All politics is local

Published in Dawn – photo by S. Ali/PPI

We start with a simple truth: that government becomes more trustworthy, the closer it is to the people.

This is because all politics is local. Whatever the press may dub important, chances are the people care most about clean drinking water, access to healthcare, roads instead of rutted paths, a less brutal police.

And chances are the people that most understand this will be of them and among them: representatives, not rulers. It’s the essence of local government.

For the longest time, however, we’ve had nothing of the sort. While explanations go as far back as the British, we can start somewhat later: party-less elections in 1985.

It was a Zia project that, like all Zia projects, reverberated for a generation­ – the Class of ’85 was a bonanza of opening acts that never did exit the stage afterwards: Chaudhry Nisar, Chaudhry Pervaiz Elahi, Sheikh Rashid, Hamid Nasir Chattha, Javed Hashmi, Manzoor Ahmed Wattoo, and a 36-year-old Nawaz Sharif.

Though it wiped out the PPP from Punjab for good, the 1985 election was vital for another reason: polls without parties meant campaigns without manifestos. With no actual programme to vote for, what mattered was money and baradri, sect and status.

For MNAs and MPAs so elected, what was on offer wasn’t big ideas or better laws. It was patronage: the politics of thaana-kacheri, of digging ditches and cutting ribbons. What was national became municipal. What was municipal became redundant.

It’s also why our Hon’ble Members continue to do so little for LGs ­– why give away the only powers they have? Their parties double as policy graveyards; their lawmaking beholden to the party heads.

Yet the alternative has always meant military dictatorship. Those that praise LGs brought in by the generals – the latest being Musharraf’s – forget that the intention was to bypass the political class, strengthen the centre, and part with the least power possible.

Which is why a new consensus around local governments, ushered in by the Eighteenth Amendment, has been so refreshing. While we often mention Article 140-A, we fail to pair it with the thrust of the amendment itself: shoring up civilian rule by spiriting resources away from the centre to the provinces (it’s why the establishment finds it so repulsive).

And yet the ball has landed midway: the provinces must cede space to the last and most important tier – local governments. As Arifa Noor has written in these pages, if our parties are serious about democracy, ‘they would ensure that power is transferred not just from Islamabad to Lahore, Karachi, Peshawar and Quetta but to Multan, Hyderabad, Mansehra and Gwadar.’

The scheme of Article 140-A makes this clear: ‘Each Province shall, by law, establish a local government system and devolve political, administrative and financial responsibility and authority to the elected representatives of the local governments.’
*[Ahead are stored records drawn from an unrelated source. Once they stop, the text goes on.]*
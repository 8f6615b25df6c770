-- ===== src/QueryFilter/Printer.antt =====
-- backend/query_filter/printer.py, and `structural_eq` of ast_types.py. How Python prints and compares
-- floats is a parameter; the floats are finite.
use verisearch.Prelude.{
  ℕ, Bool, true, false, ◌&&◌, List, [], ◌∷◌, ◌++◌, ◌==◌, ltb, if◌then◌else◌, length, Str, codes,
  str_eq, str_le, join, replace,
}
use verisearch.QueryFilter.Ast.{
  Literal, string_literal, number_literal, timestamp_literal, RangeOp, lt, le, gt, ge, FilterNode,
  eq, ne, in_set, range, negation, conj, disj, Nodes, nil, cons, count,
}

-- What Python does with a float `x`.
pub record Floats (F : Type 0) : Type 0 where
  -- `x == int(x)`
  pub is_whole : F → Bool
  -- `str(int(x))`
  pub whole : F → Str
  -- `f"{x:g}"`
  pub general : F → Str
  -- `f"{x}"`
  pub plain : F → Str
  -- `x == y`
  pub equal : F → F → Bool

module _ {A : Type 0} (key : A → Str) where
  unfoldable pub insert_by : A → List A → List A
  insert_by x [] = x ∷ []
  insert_by x (y ∷ ys) =
      let rest = insert_by x ys in if str_le (key x) (key y) then x ∷ y ∷ ys else y ∷ rest

  -- `sorted(items, key=key)`
  unfoldable pub sorted_by : List A → List A
  unfolding insert_by
  sorted_by [] = []
  sorted_by (x ∷ xs) = insert_by x (sorted_by xs)

-- `sorted(strings)`
abbrev pub sorted : List Str → List Str
sorted = sorted_by (λ s. s)

-- `_range_op_to_str`
abbrev pub range_op_to_str : RangeOp → Str
range_op_to_str lt = codes "lt"
range_op_to_str le = codes "le"
range_op_to_str gt = codes "gt"
range_op_to_str ge = codes "ge"

abbrev parenthesized : Bool → Str → Str
parenthesized needed s = if needed then codes "(" ++ (s ++ codes ")") else s

module _ {F : Type 0} (floats : Floats F) where
  open floats use {is_whole, whole, general, plain, equal}

  -- `_print_literal`
  unfoldable pub print_literal : Literal F → Str
  print_literal (string_literal v) =
      b'"' ∷ (replace b'"' (b'\\' ∷ b'"' ∷ []) (replace b'\\' (b'\\' ∷ b'\\' ∷ []) v) ++ b'"' ∷ [])
  print_literal (number_literal x) = if is_whole x then whole x else general x
  print_literal (timestamp_literal v) = v

  unfoldable pub print_all : List (Literal F) → List Str
  unfolding print_literal
  print_all [] = []
  print_all (v ∷ vs) = print_literal v ∷ print_all vs

  -- `_sort_literals` of the printer
  unfoldable pub sort_literals : List (Literal F) → List (Literal F)
  unfolding sorted_by print_literal
  sort_literals = sorted_by print_literal

  -- The values of an `in`, as they are printed.
  unfoldable pub print_values : List (Literal F) → Str
  unfolding sort_literals print_all
  print_values vs = join (codes ", ") (print_all (sort_literals vs))

  unfoldable mutual
    unfolding print_literal print_values sorted_by

    -- `_print_node`, for a parent of this precedence
    pub print_node : ℕ → FilterNode F → Str
    print_node parent (eq field v) = field ++ (codes " = " ++ print_literal v)
    print_node parent (ne field v) = field ++ (codes " != " ++ print_literal v)
    print_node parent (in_set field vs) = field ++ (codes " in (" ++ (print_values vs ++ codes ")"))
    print_node parent (range field op v) =
        field ++ (codes " " ++ (range_op_to_str op ++ (codes " " ++ print_literal v)))
    print_node parent (negation n) = codes "not " ++ print_node 3 n
    print_node parent (conj ns) =
        parenthesized (ltb 2 parent) (join (codes " and ") (sorted (print_nodes 2 ns)))
    print_node parent (disj ns) =
        parenthesized (ltb 1 parent) (join (codes " or ") (sorted (print_nodes 1 ns)))

    pub print_nodes : ℕ → Nodes F → List Str
    print_nodes parent nil = []
    print_nodes parent (cons n ns) = print_node parent n ∷ print_nodes parent ns

  -- `print_filter`
  abbrev pub print_filter : FilterNode F → Str
  print_filter = print_node 0

  -- `_literal_eq`
  abbrev pub literal_eq : Literal F → Literal F → Bool
  literal_eq (string_literal v) (string_literal w) = str_eq v w
  literal_eq (number_literal x) (number_literal y) = equal x y
  literal_eq (timestamp_literal v) (timestamp_literal w) = str_eq v w
  literal_eq _ _ = false

  -- `_literal_sort_key` of ast_types.py
  abbrev pub literal_sort_key : Literal F → Str
  literal_sort_key (string_literal v) = codes "s:" ++ v
  literal_sort_key (number_literal x) = codes "n:" ++ plain x
  literal_sort_key (timestamp_literal v) = codes "t:" ++ v

  unfoldable pub sort_keys : List (Literal F) → List Str
  sort_keys [] = []
  sort_keys (v ∷ vs) = literal_sort_key v ∷ sort_keys vs

abbrev pub texts_eq : List Str → List Str → Bool
texts_eq [] [] = true
texts_eq (s ∷ ss) (t ∷ ts) = str_eq s t && texts_eq ss ts
texts_eq _ _ = false

abbrev same_op : RangeOp → RangeOp → Bool
same_op lt lt = true
same_op le le = true
same_op gt gt = true
same_op ge ge = true
same_op _ _ = false

module _ {F : Type 0} (floats : Floats F) where
  -- The children of two `And` or two `Or` nodes, compared as multisets of their canonical keys.
  same_children : Nodes F → Nodes F → Bool
  unfolding print_node sorted_by
  same_children ns ms =
      count ns == count ms
      && texts_eq (sorted (print_nodes floats 0 ns)) (sorted (print_nodes floats 0 ms))

  -- `structural_eq`
  unfoldable pub structural_eq : FilterNode F → FilterNode F → Bool
  unfolding same_children sort_keys sorted_by
  structural_eq (eq f v) (eq g w) = str_eq f g && literal_eq floats v w
  structural_eq (ne f v) (ne g w) = str_eq f g && literal_eq floats v w
  structural_eq (in_set f vs) (in_set g ws) =
      str_eq f g
      && length vs == length ws
      && texts_eq (sorted (sort_keys floats vs)) (sorted (sort_keys floats ws))
  structural_eq (range f op v) (range g op' w) =
      str_eq f g && same_op op op' && literal_eq floats v w
  structural_eq (negation n) (negation m) = structural_eq n m
  structural_eq (conj ns) (conj ms) = same_children ns ms
  structural_eq (disj ns) (disj ms) = same_children ns ms
  structural_eq _ _ = false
Legal eagles like Umer Gilani have already walked us through these terms: ‘devolve’ and not ‘delegate’ implies an irreversible transfer of rights; ‘local governments’ instead of ‘local bodies’ means a co-equal with the provinces and centre; ‘shall establish’ creates a constitutional obligation – not a matter of convenience.

And yet local governments are under siege everywhere, courtesy the ruling parties. In Khyber Pakhtunkhwa, the Peshawar High Court ruled that the PTI’s bid for party-less LG elections was unconstitutional; it took another push from the Supreme Court to ensure they were held.

Over in Balochistan, the BAP-PTI combine’s delaying tactics were shut down by the ECP; it now drags its feet on sharing information for delimiting local councils.

In Sindh, the LGs have been utterly emasculated by the PPP’s rotten laws: Karachi’s mayor was given the sop of chairing municipal boards, without any actual powers or budget.

In Punjab, Buzdar sent the local governments packing before barely half their term was over. They were restored by the Supreme Court last March, after a two-year struggle led by mayors Mubashir Javed and Asad Ali Khan.

There are still some silver linings: LGs have taken hold in the popular imagination; the courts are uncompromising about polls being held on time; and mayors in KP and Punjab are or will be directly elected representatives of the people (of note is the PPP’s Saeed Ghani, who says the same for Karachi isn’t ‘humanly possible.’)

It’s time now also to free up resources from the provinces; to announce election schedules; and to phase out the bureaucracy’s fossilized Brahmins from the municipal level.

Most important, the LGs must be protected from trigger-happy chief ministers. Justice Jawad Hassan’s recent judgment in Mubashir Javed held that an LG’s term had fixed start and endpoints (despite this lawyer’s contention that security of tenure had been guaranteed by precedent). That makes it all the more vital that the chief minister’s dissolution button be scrapped from our LG laws. In light of the Supreme Court’s verdict in Asad Ali Khan, it already has zero legal value.

We may yet move beyond 1985. But only local governments can get us there.